After Balfour: the legacy of British policy in Palestine

800px-Balfour_portrait_and_declaration

The UK government is preparing to celebrate the centenary of the Balfour Declaration with “pride” today. For Palestinians, however, the Balfour Declaration left a lasting and brutal legacy on Palestine, paving the way for decades of violence, mass displacement and occupation.

The Balfour Declaration was a statement in the form of a letter from the British Foreign Secretary Arthur Balfour to Lord Walter Rothschild, a leading figure in the British Zionist community, written on 2 November 1917. The letter made it clear that the British government backed the establishment of a ‘national home for the Jewish people’ in Palestine.

The letter was drawn up against the backdrop of the Sykes-Picot agreement: a secret treaty signed by Paris and London in 1916 that divided the Middle East into states under the control or influence of France, Britain and Russia. More than a century on, the effects of the treaty on the Middle East, including Palestine, have contributed to the insecurity in the region to this day.

British rule in Palestine

Days after the Balfour Declaration was written on 2 December 1917, the British army occupied Jerusalem. In 1923, the British Mandate for Palestine came into effect, and included the entire text of the Balfour Declaration. Through the Mandate, Britain would go on to rule Palestine for three decades.

The Mandate for Palestine constituted the entire legal framework for how Britain should operate during its occupation of Palestine. Despite this, the Mandate made no mention of the Palestinians by name, nor did it specify the right of Palestinians to nationhood.

Instead, it was during its rule in Palestine that Britain sought to lay the foundations for the creation of a ‘national home for the Jewish people’.

By the end of the 1920s, it became clear that this ambition would have violent repercussions.

British military violence

Between 1936 and 1939, thousands of Palestinians were killed and imprisoned as they revolted in protest against British policy.

The British response took a heavy toll on the livelihoods of Palestinian villagers, who were subjected to punitive measures that included the confiscation of livestock, the destruction of properties, detention and collective fines.

During this time, British forces’ are said to have carried out beatings, extrajudicial killings and torture as they attempted to quell the uprising. To this day, there are still the ‘Tegart Forts’ in Palestine built and named by Sir Charles Tegart who had been stationed in India to punish those fighting against the British Raj and then later stationed in Palestine to control any Arab dissent.

For Palestinians, Britain’s three decades of occupation in Palestine was a turning point in the country’s history, laying the foundations for what would become decades of occupation, displacement and insecurity.

The aftermath of British involvement

When the UK eventually decided to withdraw from Mandatory Palestine in 1947, it left decisions regarding the future of Palestine to the United Nations.

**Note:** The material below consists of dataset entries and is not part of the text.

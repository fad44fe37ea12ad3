-- ===== src/Dungeon/Statements.antt =====
-- The SQL of internal/repository/dungeon.go that players' moves run.
use magic_jigsaw.Prelude.{
  ℕ, Bool, ◌&&◌, Option, none, some, [], ◌∷◌, ◌++◌, String, ◌==◌, if◌then◌else◌, length,
}
use magic_jigsaw.Db.Table.{select, select_all, update, exists}
use magic_jigsaw.Db.Schema.{Db, Cell, ImageRow, DungeonRow, MonsterRow, ProgressRow, TreasureRow}
use magic_jigsaw.Db.Action.{Statement}
use magic_jigsaw.Dungeon.Grid.{cell_eq}
use magic_jigsaw.Points.Statements.{user_is}

abbrev pub dungeon_is : ℕ → DungeonRow → Bool
dungeon_is id d = d.id == id

abbrev pub image_is : ℕ → ImageRow → Bool
image_is id i = i.id == id

-- COALESCE(i.url, '') of a left join on the image's id
abbrev pub url_of : Option ℕ → Db → String
url_of none d = ""
url_of (some id) d = elim (select (image_is id) d.images) [ none ↦ "" | some i ↦ i.url ]

-- SELECT ... FROM dungeons d LEFT JOIN images i ON i.id = d.treasure_image_id WHERE d.id = $1
unfoldable pub select_dungeon : ℕ → Statement (Option (DungeonRow × String))
select_dungeon id d = elim (select (dungeon_is id) d.dungeons) [
  | none ↦ some (none, d)
  | some row ↦ some (some (row, url_of row.treasure_image_id d), d)
]

-- JOIN images i ON i.id = dm.image_id
abbrev pub has_image : Db → MonsterRow → Bool
has_image d m = exists (image_is m.image_id) d.images

abbrev pub monster_of : ℕ → MonsterRow → Bool
monster_of dungeon_id m = m.dungeon_id == dungeon_id

-- WHERE dm.dungeon_id = $1 AND dm.cell_row = $2 AND dm.cell_col = $3
abbrev pub monster_at : ℕ → Cell → MonsterRow → Bool
monster_at dungeon_id cell m = monster_of dungeon_id m && cell_eq m.cell cell

unfoldable pub select_monster_at : ℕ → Cell → Statement (Option (MonsterRow × String))
select_monster_at dungeon_id cell d =
    elim (select (λ m. monster_at dungeon_id cell m && has_image d m) d.dungeon_monsters) [
      | none ↦ some (none, d)
      | some m ↦ some (some (m, url_of (some m.image_id) d), d)
    ]

-- SELECT cell_row, cell_col FROM dungeon_monsters WHERE id = $1 AND dungeon_id = $2
abbrev pub monster_is : ℕ → ℕ → MonsterRow → Bool
monster_is id dungeon_id m = m.id == id && monster_of dungeon_id m

unfoldable pub select_monster_cell : ℕ → ℕ → Statement (Option Cell)
select_monster_cell id dungeon_id d = elim (select (monster_is id dungeon_id) d.dungeon_monsters) [
  | none ↦ some (none, d)
  | some m ↦ some (some m.cell, d)
]

-- SELECT count(*) FROM dungeon_monsters WHERE dungeon_id = $1
unfoldable pub count_monsters : ℕ → Statement ℕ
count_monsters dungeon_id d =
    some (length (select_all (monster_of dungeon_id) d.dungeon_monsters), d)

abbrev pub progress_is : ℕ → ℕ → ProgressRow → Bool
progress_is user_id dungeon_id p = p.user_id == user_id && p.dungeon_id == dungeon_id

-- SELECT ... FROM dungeon_progress WHERE user_id = $1 AND dungeon_id = $2 FOR UPDATE. The callers
-- scan different columns of the row.
unfoldable pub select_progress : ℕ → ℕ → Statement (Option ProgressRow)
select_progress user_id dungeon_id d =
    some (select (progress_is user_id dungeon_id) d.dungeon_progress, d)

-- INSERT INTO dungeon_progress: the user and the dungeon must exist, and the key be free.
unfoldable pub insert_progress : ProgressRow → Statement (Unit {0})
insert_progress p d =
    if exists (user_is p.user_id) d.users && (exists (dungeon_is p.dungeon_id) d.dungeons)
    then (if exists (progress_is p.user_id p.dungeon_id) d.dungeon_progress
        then none
        else some (tt, record d { dungeon_progress = d.dungeon_progress ++ p ∷ [] }))
    else none

-- UPDATE dungeon_progress SET ... WHERE user_id = $1 AND dungeon_id = $2
unfoldable pub update_progress : ℕ → ℕ → (ProgressRow → ProgressRow) → Statement (Unit {0})
update_progress user_id dungeon_id set d = some (
  tt,
  record d { dungeon_progress = update (progress_is user_id dungeon_id) set d.dungeon_progress },
)

abbrev pub treasure_is : ℕ → ℕ → TreasureRow → Bool
treasure_is user_id dungeon_id t = t.user_id == user_id && t.dungeon_id == dungeon_id

-- INSERT INTO dungeon_treasure_unlocks ... ON CONFLICT (user_id, dungeon_id) DO NOTHING
unfoldable pub insert_treasure : ℕ → ℕ → ℕ → Statement (Unit {0})
insert_treasure user_id dungeon_id image_id d =
    if exists (treasure_is user_id dungeon_id) d.dungeon_treasure_unlocks
    then some (tt, d)
    else if exists (user_is user_id) d.users
        && (exists (dungeon_is dungeon_id) d.dungeons && exists (image_is image_id) d.images)
    then some (
      tt,
      record d {
        dungeon_treasure_unlocks =
            d.dungeon_treasure_unlocks
            ++ record { user_id = user_id; dungeon_id = dungeon_id; image_id = image_id } ∷ [];
      },
    )
    else none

In May 1948 the Israeli state was established.  This time is known by Palestinians as the Nakba or ‘catastrophe’, during which 750,000 and 900,000 Palestinian men, women and children were driven out of their homeland by Jewish militias, and an estimated 500 villages and towns were depopulated and demolished.

To this day, there are more than 5 million Palestinian refugees registered with the United Nations Relief and Works Agency (UNRWA) in the occupied Palestinian territories, Lebanon and Jordan as a result of the Nakba in 1948 and the displacement that followed the Israeli occupation of Palestine in 1967.

Gaza, the West Bank and East Jerusalem have now been under occupation for 50 years, devastating the lives of millions of Palestinians.

Balfour: 100 years on

Foreign Secretary Balfour, in a 1919 confidential memo, wrote:

“Zionism, be it right or wrong, good or bad, is rooted in age old traditions, in present needs, in future hopes, of far greater import than the desires and prejudices of the 700,000 Arabs who now inhabit that ancient land”

The discriminatory language used by Sir Arthur Balfour and seen in the Balfour Declaration and the British Mandate reveal the prejudiced rational behind British foreign policy in Palestine.

Britain has a unique responsibility to make amends for its past by ensuring the basic human rights of Palestinians are met, to help stop Israel’s violations of international law in the occupied Palestinian territories and to sure that future generations of Palestinians can live in dignity.